Dataset entries:
=-=-=

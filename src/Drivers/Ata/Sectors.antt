-- ===== src/Drivers/Ata/Sectors.antt =====
-- What a disk that answers gives and gets.
use chef_os.Prelude.{
  ℕ, zero, suc, ◌+◌, ◌*◌, ◌≡◌, refl, ap, ◌∙◌, List, [], ◌∷◌, ◌++◌, none, some, arith,
}
use chef_os.Drivers.Polling.{Ports, Polled, Shows, poll-Polled, and_then, write_all}
use chef_os.Drivers.Ata.{
  not_busy, has_data, wait_data, command_writes, read_words, Reading, joined, wait_sector,
  read_loop, ata_read_sectors,
}

-- In one of any `fuel` reads of the status the disk shows itself not busy, and in one it shows data.
pub record Answers (fuel : ℕ) (status : ℕ → ℕ) : Type 0 where
  pub ready : Shows fuel not_busy status
  pub data_there : Shows fuel has_data status

pub wait_sector-Polled :
    (fuel : ℕ) (status : ℕ → ℕ) (a : Ports)
    → Answers fuel status
    → Polled a (wait_sector fuel status a)
wait_sector-Polled fuel status a h =
    let (b, p, d, w) = poll-Polled fuel not_busy status a h.ready in
    let (c, q, d2, w2) = poll-Polled fuel has_data status b h.data_there in
    (c, ap (λ r. and_then r (wait_data fuel status)) p ∙ q, d2 ∙ d, w2 ∙ w)

-- The words `from`, `from` + 1, ... of a source, `n` of them.
unfoldable pub words_of : (source : ℕ → ℕ) → (from n : ℕ) → List ℕ
words_of source from zero = []
words_of source from (suc n) = source from ∷ words_of source (from + 1) n

words_of-append :
    (source : ℕ → ℕ) (from n m : ℕ)
    → words_of source from n ++ words_of source (from + n) m ≡ words_of source from (n + m)
unfolding words_of
words_of-append source from zero m =
    let at : from + 0 ≡ from = omega arith in rw at (ap (words_of source from) (omega arith))
words_of-append source from (suc n) m =
    let at : from + suc n ≡ from + 1 + n = omega arith in
    let more : suc n + m ≡ suc (n + m) = omega arith in
    rw (at, more) (ap (λ l. source from ∷ l) (words_of-append source (from + 1) n m))

read_words_lem :
    (left : ℕ) (data_port : ℕ → ℕ) (a : Ports)
    → ((read_words left data_port a).0 ≡ words_of data_port a.data_reads left)
      × ((read_words left data_port a).1.data_reads ≡ a.data_reads + left)
      × ((read_words left data_port a).1.writes ≡ a.writes)
unfolding read_words words_of
read_words_lem zero data_port a = (refl, omega arith, refl)
read_words_lem (suc left) data_port a =
    let (w, d, p) = read_words_lem left data_port (record a { data_reads = a.data_reads + 1 }) in
    (ap (λ l. data_port a.data_reads ∷ l) w, d ∙ omega arith, p)

-- What a read of `n` words leaves.
record ReadAll (data_port : ℕ → ℕ) (a : Ports) (n : ℕ) (r : Reading) : Type 0 where
  last : Ports
  result : r ≡ some (words_of data_port a.data_reads n, last)
  data_reads : last.data_reads ≡ a.data_reads + n
  writes : last.writes ≡ a.writes

module _ (fuel : ℕ) (status : ℕ → ℕ) (h : Answers fuel status) where
  read_loop-step :
      (left : ℕ) (data_port : ℕ → ℕ) (a b : Ports)
      → wait_sector fuel status a ≡ some b
      → read_loop (suc left) fuel status data_port a
        ≡ joined
            (read_words 256 data_port b).0
            (read_loop left fuel status data_port (read_words 256 data_port b).1)
  unfolding read_loop
  read_loop-step left data_port a b e =
      ap
        (λ r. elim r as (λ z. Reading) [
          | none ↦ none
          | some c ↦
              joined (read_words 256 data_port c).0
                (read_loop left fuel status data_port (read_words 256 data_port c).1)
        ])
        e

  read_loop-ReadAll :
      (left : ℕ) (data_port : ℕ → ℕ) (a : Ports)
      → ReadAll data_port a (256 * left) (read_loop left fuel status data_port a)
  unfolding read_loop words_of
  read_loop-ReadAll zero data_port a = record {
    last = a;
    result = refl;
    data_reads = omega arith;
    writes = refl;
  }
  read_loop-ReadAll (suc left) data_port a =
      let (b, e, d, w) = wait_sector-Polled fuel status a h in
      let (words, d2, w2) = read_words_lem 256 data_port b in
      let more = read_loop-ReadAll left data_port (read_words 256 data_port b).1 in
      let count : 256 + 256 * left ≡ 256 * suc left = omega arith in
      record {
        last = more.last;
        result =
            read_loop-step left data_port a b e
            ∙ ap (joined (read_words 256 data_port b).0) more.result
            ∙ ap (λ l. some (l, more.last))
                (ap
                    (λ l.
                      l
                      ++ words_of data_port (read_words 256 data_port b).1.data_reads (256 * left))
                    words
                  ∙ ap
                      (λ n.
                        words_of data_port b.data_reads 256 ++ words_of data_port n (256 * left))
                      d2
                  ∙ words_of-append data_port b.data_reads 256 (256 * left)
                  ∙ ap (λ n. words_of data_port n (256 + 256 * left)) d
                  ∙ ap (words_of data_port a.data_reads) count);
        data_reads = omega (arith, more.data_reads, d2, d);
        writes = more.writes ∙ w2 ∙ w;
      }

-- The sectors read: `words` are all words of the data port, in order, and `last` is the disk after.
pub record ReadSectors (data_port : ℕ → ℕ) (lba sector_count : ℕ) (a : Ports) (r : Reading)
    : Type 0 where
  pub last : Ports
  pub result : r ≡ some (words_of data_port a.data_reads (256 * sector_count), last)
  pub data_reads : last.data_reads ≡ a.data_reads + 256 * sector_count
  pub writes : last.writes ≡ a.writes ++ command_writes lba sector_count 0x20

-- With a disk that shows itself not busy, and with data, in one of any `fuel` reads of its status:
-- `ata_read_sectors` ends, and its buffer holds the 256 words that the data port gives for each of the
-- sectors, in their order. It writes the command to the ports, and nothing else.
pub ata_read_sectors-ReadSectors :
    (fuel : ℕ) (status data_port : ℕ → ℕ) (lba sector_count : ℕ) (a : Ports)
    → Answers fuel status
    → ReadSectors data_port lba sector_count a
        (ata_read_sectors fuel status data_port lba sector_count a)
unfolding ata_read_sectors
ata_read_sectors-ReadSectors fuel status data_port lba sector_count a h =
    let (b, e, d, w) = poll-Polled fuel not_busy status a h.ready in
    let started = write_all (command_writes lba sector_count 0x20) b in
    let all = read_loop-ReadAll fuel status h sector_count data_port started in
    record {
      last = all.last;
      result =
          ap
            (λ r. elim r as (λ z. Reading) [
              | none ↦ none
              | some c ↦
                  read_loop sector_count fuel status data_port
                    (write_all (command_writes lba sector_count 0x20) c)
            ])
            e
          ∙ all.result
          ∙ ap (λ n. some (words_of data_port n (256 * sector_count), all.last)) d;
      data_reads = all.data_reads ∙ ap (λ n. n + 256 * sector_count) d;
      writes = all.writes ∙ ap (λ l. l ++ command_writes lba sector_count 0x20) w;
    }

=-=-=

WHAT THE TASK REQUIRES
Word for word, restate the lines above from the line containing "(ap (λ l. data_port" through the line containing "left) fuel status data_port a", with both included and nothing else.

RESPONSE
    (ap (λ l. data_port a.data_reads ∷ l) w, d ∙ omega arith, p)

-- What a read of `n` words leaves.
record ReadAll (data_port : ℕ → ℕ) (a : Ports) (n : ℕ) (r : Reading) : Type 0 where
  last : Ports
  result : r ≡ some (words_of data_port a.data_reads n, last)
  data_reads : last.data_reads ≡ a.data_reads + n
  writes : last.writes ≡ a.writes

module _ (fuel : ℕ) (status : ℕ → ℕ) (h : Answers fuel status) where
  read_loop-step :
      (left : ℕ) (data_port : ℕ → ℕ) (a b : Ports)
      → wait_sector fuel status a ≡ some b
      → read_loop (suc left) fuel status data_port a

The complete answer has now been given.